Figure 16 represents the stress component ${\sigma }_{zz}$ as a function of $z$ and $r$ in the absence of cooling, calculated for ${\tau }_1=0.6 {\tau }_2$ and $t=4\times {10}^{- 3}$. It is clear that the stress ${\sigma }_{zz}$ at the surface satisfies the boundary condition for all values of r. Near the surface, ${\sigma }_{zz}$ begins to increase until it reaches a maximum value, then it decreases with increasing $z$ until the stress vanishes (this will be seen in a later figure).
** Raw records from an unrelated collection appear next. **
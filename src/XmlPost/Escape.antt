-- ===== src/XmlPost/Escape.antt =====
-- `_xml_escape_internal` against a reader of XML.
use fbbs.Common.{
  ℕ, ◌≡◌, refl, ap, ◌∙◌, Bool, true, false, ◌&&◌, ◌||◌, Option, none, some, List, [], ◌∷◌, ◌++◌,
  arith, leb, ◌==◌, if◌then◌else◌, length, inl, inr, Bool-cases,
}
use fbbs.Common.CString.{begins_with}
use fbbs.XmlPost.{escape_char, escape}

-- What a reference stands for, in UTF-8; none is an unknown one.
pub referred : List ℕ → Option (List ℕ)
referred name =
    if length name == 2 && begins_with (108 ∷ 116 ∷ []) name
    then some (60 ∷ [])
    else if length name == 2 && begins_with (103 ∷ 116 ∷ []) name
    then some (62 ∷ [])
    else if length name == 3 && begins_with (97 ∷ 109 ∷ 112 ∷ []) name
    then some (38 ∷ [])
    else if length name == 4 && begins_with (35 ∷ 49 ∷ 54 ∷ 48 ∷ []) name
    then some (0xc2 ∷ 0xa0 ∷ [])
    else none

abbrev pub prepend : Option (List ℕ) → Option (List ℕ) → Option (List ℕ)
prepend none t = none
prepend (some s) none = none
prepend (some s) (some t) = some (s ++ t)

-- A reader of text: none outside a reference, or what was read of its name. It refuses markup, which
-- "<" and ">" belong to, unknown references and one that does not end.
unfoldable pub read_text : Option (List ℕ) → List ℕ → Option (List ℕ)
read_text none [] = some []
read_text (some name) [] = none
read_text none (c ∷ s) = elim (c == 60 || c == 62) [
  | true ↦ none
  | false ↦ elim (c == 38) [
    | true ↦ read_text (some []) s
    | false ↦ prepend (some (c ∷ [])) (read_text none s)
  ]
]
read_text (some name) (c ∷ s) = elim (c == 59) [
  | true ↦ prepend (referred name) (read_text none s)
  | false ↦ read_text (some (name ++ c ∷ [])) s
]

-- A control character other than NUL and the tabulator.
abbrev pub is_control : ℕ → Bool
is_control c = leb 1 c && leb c 8 || leb 10 c && leb c 31

-- The text of a post as it is to be shown: without control characters, and with U+00A0 for a space.
abbrev pub shown_char : ℕ → List ℕ
shown_char c = if is_control c then [] else if c == 32 then 0xc2 ∷ 0xa0 ∷ [] else c ∷ []

unfoldable pub shown : List ℕ → List ℕ
shown [] = []
shown (c ∷ s) = shown_char c ++ shown s

prepend-nil : (t : Option (List ℕ)) → t ≡ prepend (some []) t
prepend-nil none = refl
prepend-nil (some t) = refl

read-own :
    (c : ℕ) (s : List ℕ)
    → (c == 60) ≡ false
    → (c == 62) ≡ false
    → (c == 38) ≡ false
    → read_text none (c ∷ s) ≡ prepend (some (c ∷ [])) (read_text none s)
unfolding read_text
read-own c s lt gt amp =
    let markup : (c == 60 || c == 62) ≡ false = ground (arith, lt, gt) in
    rw (read_text, markup, amp) refl

-- One byte, before what follows it.
read-escape_char :
    (c : ℕ) (s : List ℕ)
    → read_text none (escape_char c ++ s) ≡ prepend (some (shown_char c)) (read_text none s)
unfolding escape_char read_text referred begins_with
read-escape_char c s = elim (Bool-cases (c == 60)) [
  | inl lt ↦ let same : c ≡ 60 = ground (arith, lt) in rw same refl
  | inr x ↦ elim (Bool-cases (c == 62)) [
    | inl gt ↦ let same : c ≡ 62 = ground (arith, gt) in rw same refl
    | inr y ↦ elim (Bool-cases (c == 38)) [
      | inl amp ↦ let same : c ≡ 38 = ground (arith, amp) in rw same refl
      | inr z ↦ elim (Bool-cases (c == 32)) [
        | inl space ↦ let same : c ≡ 32 = ground (arith, space) in rw same refl
        | inr v ↦ elim (Bool-cases (is_control c)) [
          | inl control ↦ rw (x, y, z, v, control) (prepend-nil (read_text none s))
          | inr seen ↦ rw (x, y, z, v, seen) (read-own c s x y z)
        ]
      ]
    ]
  ]
]

-- A reader of XML that refuses markup and unknown references reads, from what a text is escaped to, the
-- text without its control characters and with U+00A0 for each space.
pub escape_round_trip : (s : List ℕ) → read_text none (escape s) ≡ some (shown s)
unfolding escape shown
escape_round_trip [] = unfold read_text in refl
escape_round_trip (c ∷ s) =
    read-escape_char c (escape s) ∙ ap (prepend (some (shown_char c))) (escape_round_trip s)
The figure also shows that except at the surface $\left(z=0\right)$, the stress begins with a maximum value in the r-direction, then decreases until it vanishes.

Figure 17 represents the stress component ${\sigma }_{zz}$ versus z, with $h$ as a parameter, calculated for ${\tau }_1= 0.6 {\tau }_2$ and $r=5\times {10}^{- 4}$. As seen for different $h$ values, the stresses in the vicinity of the surface are almost identical in their gradients. As z increases, the performance of the temperature with cooling appears evident, as in Figure 7.
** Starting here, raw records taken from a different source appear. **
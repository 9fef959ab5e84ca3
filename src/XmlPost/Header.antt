-- ===== src/XmlPost/Header.antt =====
-- The header of a post, `_print_header`, and `xml_print_post`. A pointer is a position in the post.
use fbbs.Common.{
  ℕ, zero, suc, ◌+◌, ◌-◌, ◌*◌, ◌%◌, ◌^◌, Bool, true, false, ◌&&◌, ◌||◌, Option, none, some, List,
  [], ◌∷◌, ◌++◌, min, leb, ltb, ◌==◌, if◌then◌else◌, length, take, drop, get_elem?,
}
use fbbs.Common.Run.{Run, ok, fault, bad_access, ◌>>=◌}
use fbbs.XmlPost.{xml_escape, memstr, get_line_end}
use fbbs.XmlPost.Ansi.{plain_color, print_ansi_text}
use fbbs.XmlPost.Paragraph.{Options}
use fbbs.XmlPost.Body.{print_body}

-- `memchr` from a position up to another; one that begins behind its end reads on, out of the post.
unfoldable pub memchr_loop : (c : ℕ) → (at end : ℕ) → List ℕ → Run (Option ℕ)
memchr_loop c at end [] = if at == end then ok none else fault bad_access
memchr_loop c at end (x ∷ s) =
    if at == end
    then ok none
    else elim (x == c) [ true ↦ ok (some at) | false ↦ memchr_loop c (at + 1) end s ]

unfoldable pub memchr : (str : List ℕ) → (begin c end : ℕ) → Run (Option ℕ)
memchr str begin c end = memchr_loop c begin end (drop begin str)

-- `_memrchr`, from before `end` down to `begin`.
unfoldable pub memrchr : (str : List ℕ) → (begin c end : ℕ) → Option ℕ
memrchr str begin c zero = none
memrchr str begin c (suc p) =
    let before = memrchr str begin c p in
    if ltb p begin
    then none
    else elim (get_elem? str p) [ none ↦ before | some x ↦ if x == c then some p else before ]

-- The position behind the line that begins at a position.
unfoldable pub line_end : (str : List ℕ) → (begin : ℕ) → ℕ
line_end str begin = begin + length (get_line_end (drop begin str)).0

-- The bytes between two positions; a loop that begins behind its end runs out of the post.
unfoldable pub range : (str : List ℕ) → (begin end : ℕ) → Run (List ℕ)
range str begin end =
    if leb begin end && leb end (length str)
    then ok (take (end - begin) (drop begin str))
    else fault bad_access

-- `strtol`: blanks, a sign, and digits up to another byte, as an int of 32 bits.
unfoldable pub skip_blanks : List ℕ → List ℕ
skip_blanks [] = []
skip_blanks (c ∷ s) =
    let rest = skip_blanks s in if c == 32 || leb 9 c && leb c 13 then rest else c ∷ s

unfoldable pub to_int : (negative : Bool) → ℕ → ℕ
to_int true n = (2 ^ 64 - min n (2 ^ 63)) % 2 ^ 32
to_int false n = min n (2 ^ 63 - 1) % 2 ^ 32

unfoldable pub read_digits : (negative : Bool) → (sofar : ℕ) → List ℕ → Run ℕ
read_digits negative sofar [] = fault bad_access
read_digits negative sofar (d ∷ ds) =
    let rest = read_digits negative (10 * sofar + (d - 48)) ds in
    if leb 48 d && leb d 57 then rest else ok (to_int negative sofar)

unfoldable pub read_signed : List ℕ → Run ℕ
read_signed [] = fault bad_access
read_signed (c ∷ s) =
    if c == 45
    then read_digits true 0 s
    else if c == 43
    then read_digits false 0 s
    else read_digits false 0 (c ∷ s)

unfoldable pub strtol : List ℕ → Run ℕ
strtol s = read_signed (skip_blanks s)

-- The fields of `struct tm` that are set, as ints of 32 bits.
pub record Tm : Type 0 where
  pub year : ℕ
  pub mon : ℕ
  pub mday : ℕ
  pub hour : ℕ
  pub minute : ℕ
  pub sec : ℕ

-- What the C library and libiconv do: `mktime`, which fails as none; `format_time`, by `strftime`; and
-- the conversion of `_xml_escape`.
pub record Platform : Type 0 where
  pub mktime : Tm → Option ℕ
  pub format_time : ℕ → List ℕ
  pub convert : List ℕ → List ℕ

-- `sizeof(DATETIME_STRING)`
abbrev pub datetime_size : ℕ
datetime_size = 26

-- Two's complement of 32 bits.
abbrev pub minus : ℕ → ℕ → ℕ
minus a b = (a + 2 ^ 32 - b) % 2 ^ 32

abbrev pub or_zero : Option ℕ → ℕ
or_zero none = 0
or_zero (some n) = n

unfoldable pub read_date : (mktime : Tm → Option ℕ) → (str : List ℕ) → (s : ℕ) → Run ℕ
read_date mktime str s = do
  year ← strtol (drop s str)
  mon ← strtol (drop (s + 7) str)
  mday ← strtol (drop (s + 12) str)
  hour ← strtol (drop (s + 17) str)
  minute ← strtol (drop (s + 20) str)
  sec ← strtol (drop (s + 23) str)
  ok (
      or_zero (
        mktime (record {
          year = minus year 1900;
          mon = minus mon 1;
          mday = mday;
          hour = hour;
          minute = minute;
          sec = sec;
        })))

-- `_parse_header_date`
unfoldable pub parse_header_date :
    (mktime : Tm → Option ℕ) → (str : List ℕ) → (begin end : ℕ) → Run ℕ
parse_header_date mktime str begin end = do
  paren ← memchr str begin 40 end
  elim paren [
    | none ↦ ok 0
    | some p ↦ if ltb end (p + datetime_size) then ok 0 else read_date mktime str (p + 1)
  ]

-- SENDER_STRING
abbrev pub sender_string : List ℕ
sender_string = 0xe5 ∷ 0x8f ∷ 0x91 ∷ 0xe4 ∷ 0xbf ∷ 0xa1 ∷ 0xe4 ∷ 0xba ∷ 0xba ∷ 58 ∷ 32 ∷ []

-- `sizeof(TOPIC_STRING) - 1`
abbrev pub topic_size : ℕ
topic_size = 10

-- `_print_node`
unfoldable pub print_node : (convert : List ℕ → List ℕ) → (name value : List ℕ) → List ℕ
print_node convert name value =
    (60 ∷ name) ++ (62 ∷ xml_escape convert value) ++ (60 ∷ 47 ∷ name) ++ 62 ∷ []

-- The ends of `string_t`.
pub record Span : Type 0 where
  pub begin : ℕ
  pub end : ℕ

-- The variables of `_print_header` when nothing is printed yet.
pub record Fields : Type 0 where
  pub owner : Span
  pub nick : Span
  pub board : Span
  pub title : Span
  pub date : ℕ
  pub behind : ℕ

-- The second and third line. None is a return of `begin`.
unfoldable pub find_title :
    Platform → (str : List ℕ) → (owner nick board : Span) → (first_end : ℕ) → Run (Option Fields)
find_title platform str owner nick board first_end =
    let second_end = line_end str first_end in
    let third_end = line_end str second_end in
    if leb (length str) (first_end + topic_size) then ok none else (do
      date ← parse_header_date platform.mktime str second_end third_end
      ok (
          if date == 0
          then none
          else some (record {
            owner = owner;
            nick = nick;
            board = board;
            title = record { begin = first_end + topic_size; end = second_end - 1 };
            date = date;
            behind = third_end;
          })))

-- `board.begin` is NULL where there is no colon, and is read all the same.
unfoldable pub find_board :
    Platform → (str : List ℕ) → (owner nick : Span) → (first_end : ℕ) → Run (Option Fields)
find_board platform str owner nick first_end = do
  colon ← memchr str nick.end 58 first_end
  elim colon [
    | none ↦ fault bad_access
    | some p ↦ if leb (length str) (p + 2) then ok none else (do
      escape ← memchr str (p + 2) 27 first_end
      let board : ℕ = elim escape [ none ↦ first_end - 1 | some e ↦ e ]
      find_title platform str owner nick (record { begin = p + 2; end = board }) first_end)
  ]

unfoldable pub find_nick :
    Platform → (str : List ℕ) → (owner : Span) → (first_end : ℕ) → Run (Option Fields)
find_nick platform str owner first_end =
    let begin = owner.end + 2 in
    if leb (length str) begin then ok none else elim (memrchr str begin 41 first_end) [
      | none ↦ ok none
      | some p ↦ find_board platform str owner (record { begin = begin; end = p }) first_end
    ]

unfoldable pub find_fields : Platform → (str : List ℕ) → Run (Option Fields)
find_fields platform str =
    let first_end = line_end str 0 in
    elim (memstr sender_string (take first_end str)) [
      | none ↦ ok none
      | some found ↦ do
        let begin = length found.0 + 11
        space ← memchr str begin 32 first_end
        elim space [
          | none ↦ ok none
          | some p ↦ find_nick platform str (record { begin = begin; end = p }) first_end
        ]
    ]

-- What is printed for the fields.
unfoldable pub print_fields : Platform → (str : List ℕ) → Fields → Run (List ℕ)
print_fields platform str f = do
  owner ← range str f.owner.begin f.owner.end
  nick ← range str f.nick.begin f.nick.end
  board ← range str f.board.begin f.board.end
  title ← range str f.title.begin f.title.end
  shown ← print_ansi_text platform.convert title plain_color
  ok (
      print_node platform.convert (111 ∷ 119 ∷ 110 ∷ 101 ∷ 114 ∷ []) owner
      ++ print_node platform.convert (110 ∷ 105 ∷ 99 ∷ 107 ∷ []) nick
      ++ print_node platform.convert (98 ∷ 111 ∷ 97 ∷ 114 ∷ 100 ∷ []) board
      ++ (60 ∷ 116 ∷ 105 ∷ 116 ∷ 108 ∷ 101 ∷ 62 ∷ [])
      ++ shown.0
      ++ (60 ∷ 47 ∷ 116 ∷ 105 ∷ 116 ∷ 108 ∷ 101 ∷ 62 ∷ [])
      ++ (60 ∷ 100 ∷ 97 ∷ 116 ∷ 101 ∷ 62 ∷ [])
      ++ platform.format_time f.date
      ++ 60 ∷ 47 ∷ 100 ∷ 97 ∷ 116 ∷ 101 ∷ 62 ∷ [])

-- `_print_header`: what is printed, and the position behind the header.
unfoldable pub print_header : Platform → (str : List ℕ) → Run (List ℕ × ℕ)
print_header platform str = do
  fields ← find_fields platform str
  elim fields [
    | none ↦ ok ([], 0)
    | some f ↦ do printed ← print_fields platform str f; ok (printed, f.behind)
  ]

-- `xml_print_post`: what is printed, and none for NULL, for which it returns -1.
unfoldable pub xml_print_post : Platform → Option (List ℕ) → Options → Run (Option (List ℕ))
xml_print_post platform none option = ok none
xml_print_post platform (some str) option = do
  header ← print_header platform str
  let begin = if header.1 == 0 then 0 else header.1 + 1
  body ← range str begin (length str)
  printed ← print_body platform.convert option body
  ok (some (header.0 ++ printed))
Figure 18 represents the stress component ${\sigma }_{zz}$ versus z in the absence of cooling, with ${\tau }_1$ as a parameter, calculated for $r=5\times {10}^{- 4}$ and $t=4\times {10}^{- 3}$. The figure shows that the stress in the vicinity of the surface is slightly affected by ${\tau }_1$; as z increases, a pronounced effect for ${\tau }_1$ is observed, where the behavior of the temperature appears with ${\tau }_1$ (see Figure 8).

Figure 19 represents the stress component ${\sigma }_{zz}$ versus z, with ${\tau }_1$ as a parameter in the existence of cooling, calculated for $r=5\times {10}^{- 4}$ and $t=4\times {10}^{- 3}$. As seen, the behavior of ${\sigma }_{zz}$ at the surface coincides for the three curves; as z increases, the effect of the temperature is clear (see Figure 9).

8. Conclusions

In this paper, the response generated by the volumetric absorption technique of laser pulse in a 2D generalized thermoelastic semi-infinite medium is discussed in the absence and presence of temperature-dependent heat losses by employing the DPL model. From the above discussion, it can be deduced that

• The results obtained in the absence and presence of cooling are not in conflict with well-known physical conduct, especially for ${\tau }_1<{\tau }_2$.
• The translation times show clear effects on the behavior of all the studied fields in the absence of cooling and on some studied fields in the presence of cooling.
• For ${\tau }_1>{\tau }_2$, the thermoelastic response of the DPL model behaves similar to the thermoelastic response of the classical coupled theory of thermoelasticity.
• The heat losses show a pronounced effect, especially on the temperature, in which its maximum shifted into the medium.